Mehr Jäger-Engagement für den Naturschutz

Vorarlberg / 27.05.2019 • 19:53 Uhr / 4 Minuten Lesezeit
Landesjägermeister Christof Germann und sein Stellvertreter Sepp Bayer präsentierten die Vorarlberger Jägerschaft im Steinwildgehege des Feldkircher Wildparks. VN/Schweigkofler
Landesjägermeister Christof Germann und sein Stellvertreter Sepp Bayer präsentierten die Vorarlberger Jägerschaft im Steinwildgehege des Feldkircher Wildparks. VN/Schweigkofler

Vorarlberger Jägerschaft wirft zum 100-Jährigen Blick in die Zukunft.

Gernot Schweigkofler

Feldkirch Die Vorarlberger Jägerschaft ist die Interessenvertretung der aktuell rund 2500 Vorarlberger Jäger und Jägerinnen. Der Verein feiert heuer sein 100-jähriges Bestehen, aus diesem Anlass wurde zu einem Pressegespräch in den Feldkircher Wildpark geladen. Die Aufgaben des Vereins sind die Organisation und Koordination sämtlicher Themen und Aufgaben im Zusammenhang mit der Jagd in Vorarlberg. Dazu gehören etwa die Aus- und Weiterbildung sowie Informationen und Serviceleistungen. Bekannt ist die Jägerschule, jedes Jahr machen rund hundert Personen die mehrmonatige Ausbildung zum Jäger, die sogenannte „Grüne Matura“.

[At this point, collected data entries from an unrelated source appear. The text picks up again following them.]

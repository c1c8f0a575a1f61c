-- ===== src/Index/Usn.antt =====
-- core/index.py, `_apply_usn_changes`: a batch of USN journal records applied to the index, the
-- rows that it has the cache write, and the journal checkpoints stored after it; core/ntfs.py,
-- `UsnRecord`.
pub mod Coherent
use mathlib.Core.Option
use quick_find.Prelude.{
  ℕ, zero, suc, ◌+◌, Bool, true, false, not, ◌&&◌, ◌||◌, Option, none, some, List, [], ◌∷◌, ◌++◌,
  truthy, bit_and, bit_or, ◌==◌, if◌then◌else◌,
}
use quick_find.Text.{Text, Unicode}
use quick_find.Dict.{Dict, get, put, remove, has, nat_eq, text_key}
use quick_find.Index.{FileEntry, DriveEntries, SourceRoots, is_dir}
use quick_find.Index.Path.{entries_of, resolve_path}
use quick_find.Index.Invalidate.{invalidate_subtree_paths}
use quick_find.Index.Flat.{Ref, get_path}

pub record UsnRecord : Type 0 where
  pub usn : ℕ
  pub frn : ℕ
  pub parent_frn : ℕ
  pub timestamp : Option ℕ
  pub reason : ℕ
  pub attributes : ℕ
  pub name : Text

-- `bool(self.reason & mask)`.
abbrev pub has_reason : ℕ → UsnRecord → Bool
has_reason mask r = truthy (bit_and r.reason mask)

unfoldable pub is_create : UsnRecord → Bool
is_create = has_reason 0x100

unfoldable pub is_delete : UsnRecord → Bool
is_delete = has_reason 0x200

unfoldable pub is_rename : UsnRecord → Bool
is_rename = has_reason (bit_or 0x1000 0x2000)

unfoldable pub is_new_name : UsnRecord → Bool
is_new_name = has_reason 0x2000

unfoldable pub is_close : UsnRecord → Bool
is_close = has_reason 0x80000000

-- DATA_OVERWRITE, DATA_EXTEND and DATA_TRUNCATION.
unfoldable pub is_data : UsnRecord → Bool
is_data = has_reason (bit_or 0x1 (bit_or 0x2 0x4))

unfoldable pub is_modify : UsnRecord → Bool
is_modify = has_reason (bit_or 0x1 (bit_or 0x2 (bit_or 0x4 0x8000)))

abbrev file_attribute_ea : ℕ
file_attribute_ea = 0x40000

-- The variables of the loop. A row for the cache names its entry by drive and FRN, and gives the
-- path that goes with it.
pub record Batch : Type 0 where
  pub index : Dict Text DriveEntries
  pub added : ℕ
  pub removed : ℕ
  pub modified : ℕ
  pub db_inserts : List (Ref × Text)
  pub db_deletes : List Ref
  pub db_updates : List (Ref × Text)

-- What a write to `drive_entries` leaves: for a drive that is not indexed that is a fresh
-- dictionary, which is dropped.
unfoldable pub store : Dict Text DriveEntries → Text → DriveEntries → Dict Text DriveEntries
unfolding has put
store index drive d = if has index drive then put index drive d else index

unfoldable pub new_entry : Text → UsnRecord → Option ℕ → FileEntry
new_entry drive r created = record {
  frn = r.frn;
  parent_frn = r.parent_frn;
  name = r.name;
  drive = drive;
  attributes = r.attributes;
  size = 0;
  date_modified = r.timestamp;
  date_created = created;
  reparse_tag = 0;
  has_extended_attributes = truthy (bit_and r.attributes file_attribute_ea);
  content_snippet = [];
  content_rank = 0;
  path = none;
  stat_loaded = false;
}

unfoldable pub renamed : FileEntry → UsnRecord → FileEntry
renamed e r = record e { name = r.name; parent_frn = r.parent_frn; path = none }

unfoldable pub modified_entry : FileEntry → UsnRecord → FileEntry
modified_entry e r = record e {
  date_modified = r.timestamp;
  attributes = r.attributes;
  has_extended_attributes = truthy (bit_and r.attributes file_attribute_ea);
  stat_loaded = if is_data r then false else e.stat_loaded;
}

unfoldable pub apply_delete : Batch → Text → UsnRecord → Batch
apply_delete b drive r =
    let d = entries_of b.index drive in
    if has d r.frn
    then record b {
      index = store b.index drive (remove d r.frn);
      removed = b.removed + 1;
      db_deletes = b.db_deletes ++ (drive, r.frn) ∷ [];
    }
    else b

-- The entry under its new name and parent, and the paths below it cleared if it is a directory.
unfoldable pub rename_in : ℕ → DriveEntries → UsnRecord → FileEntry → Option DriveEntries
rename_in fuel d r e =
    let d' = put d r.frn (renamed e r) in
    if is_dir e then invalidate_subtree_paths fuel d' r.frn else some d'

unfoldable pub apply_modify : Batch → Text → UsnRecord → Batch
apply_modify b drive r = elim (get (entries_of b.index drive) r.frn) [
  | none ↦ b
  | some e ↦ record b {
    index = store b.index drive (put (entries_of b.index drive) r.frn (modified_entry e r));
    modified = b.modified + 1;
    db_updates = b.db_updates ++ ((drive, r.frn), []) ∷ [];
  }
]

module _ (u : Unicode) (join : Text → List Text → Text) (roots : SourceRoots) where
  -- `entry.get_path(self)` for the entry that stands under an FRN.
  unfoldable pub path_and_cache :
      Dict Text DriveEntries → Text → ℕ → FileEntry → Text × Dict Text DriveEntries
  path_and_cache index drive frn e =
      let (path, e') = get_path (resolve_path u join roots index) e in
      (path, store index drive (put (entries_of index drive) frn e'))

  -- A new entry, for a file that was created, or renamed without being known.
  unfoldable pub add_entry : Batch → Text → UsnRecord → Option ℕ → Batch
  add_entry b drive r created =
      let e = new_entry drive r created in
      let index = store b.index drive (put (entries_of b.index drive) r.frn e) in
      let (path, index') = path_and_cache index drive r.frn e in
      record b {
        index = index';
        added = b.added + 1;
        db_inserts = b.db_inserts ++ ((drive, r.frn), path) ∷ [];
      }

  unfoldable pub update_renamed : Batch → Text → UsnRecord → FileEntry → DriveEntries → Batch
  update_renamed b drive r e d =
      let (path, index) = path_and_cache (store b.index drive d) drive r.frn (renamed e r) in
      record b {
        index = index;
        modified = b.modified + 1;
        db_updates = b.db_updates ++ ((drive, r.frn), path) ∷ [];
      }

  unfoldable pub apply_rename : ℕ → Batch → Text → UsnRecord → Option Batch
  apply_rename fuel b drive r = elim (get (entries_of b.index drive) r.frn) [
    | none ↦ some (add_entry b drive r none)
    | some e ↦
        Option.map (λ d. update_renamed b drive r e d)
          (rename_in fuel (entries_of b.index drive) r e)
  ]

  -- The fuel is for the loop below a renamed directory.
  unfoldable pub apply_change : ℕ → Batch → Text → UsnRecord → Option Batch
  apply_change fuel b drive r =
      if is_delete r && is_close r
      then some (apply_delete b drive r)
      else if is_create r && is_close r
      then some (add_entry b drive r r.timestamp)
      else if is_rename r && is_new_name r && is_close r
      then apply_rename fuel b drive r
      else if is_modify r && is_close r
      then some (apply_modify b drive r)
      else some b

  unfoldable pub apply_changes : ℕ → Batch → List (Text × UsnRecord) → Option Batch
  apply_changes fuel b [] = some b
  apply_changes fuel b ((drive, r) ∷ changes) = elim (apply_change fuel b drive r) [
    | none ↦ none
    | some b' ↦ apply_changes fuel b' changes
  ]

Die Jägerschaft verstehe sich aber auch als Interessenvertretung der Wildtiere, betont Landesjägermeister Christof Germann. Er macht sich Sorgen um die Lebensräume des Wildes. Früher sei beispielsweise der Walgau für das Rotwild ein Sommerstandort gewesen, heute erreichen die Tiere das Tal gar nicht mehr. Und auch in den Bergen werde der Druck auf das Wild immer größer, so etwa durch Tourengeher oder auch E-Mountainbiker. „Wenn die Jagd eine Zukunft haben soll, müssen wir uns aktiv für die Lebensräume der Tiere einsetzen“, hält Germann fest. Deshalb werde die Jägerschaft in Zukunft viel stärkeres Engagement in Richtung Naturschutz setzen. „Wir Jäger sind die Anwälte und Botschafter der Wildtiere“, meint der oberste Jäger. „Der Sinn der zeitgemäßen Jagd liegt in der Nachhaltigkeit.“ Neben dem Naturschutz liege der Vorarlberger Jägerschaft auch das Tierwohl am Herzen. Deshalb gehe man auch gegen unethisches Verhalten, wie jüngst eine umstrittene Treibjagd im Großen Walsertal, vor. „Jäger sollten eine Vorbildfunktion in allen Fragen der Jagdethik und des Umgangs mit der Natur ausüben“, betont Germann. Zudem werde man verstärkt mit der Universität für Bodenkultur zusammenarbeiten, hier will man sich fachliches Wissen für die Weiterentwicklung der Jägerschaft holen. „Aggressiven“ Naturschutz wird die Jägerschaft wohl nicht betreiben. „Es gibt keine eindimensionale Sichtweise, alle Seiten müssen gemeinsam an Lösungen arbeiten“, betont der Landesjägermeister.

Das Gamswild sei aktuell das Sorgenkind der Jägerschaft. 1100 Gämsen wurden im Vorjahr erlegt, man liege hier 30 Prozent oberhalb der Abschussplanung. Besonders junge Böcke würden geschossen, weil diese oft weiter herunter in Nutzwälder kommen, und dann wird von der Forstwirtschaft der Abschuss gefordert. „Das stellt einen Eingriff in die Geschlecht- und Altersstruktur des Gamswildes dar“, sorgt sich Germann.

Jagd wird weiblicher

Es gibt neue Trends. So gebe es zunehmend Absolventen der Jägerschule, die nicht aktiv Jäger würden, sondern die Ausbildung aus Interesse an Natur und ökologischen Zusammenhängen machen würden. Außerdem werde die Jagd weiblicher. Ein Drittel der Teilnehmer an der Jägerschule sind Frauen, heute ist jeder zehnte Jäger eine Frau. „Bei den Jägerinnen beobachte ich einen besonders umsichtigen und bedachten Umgang mit den Tieren“, streut Germann Rosen.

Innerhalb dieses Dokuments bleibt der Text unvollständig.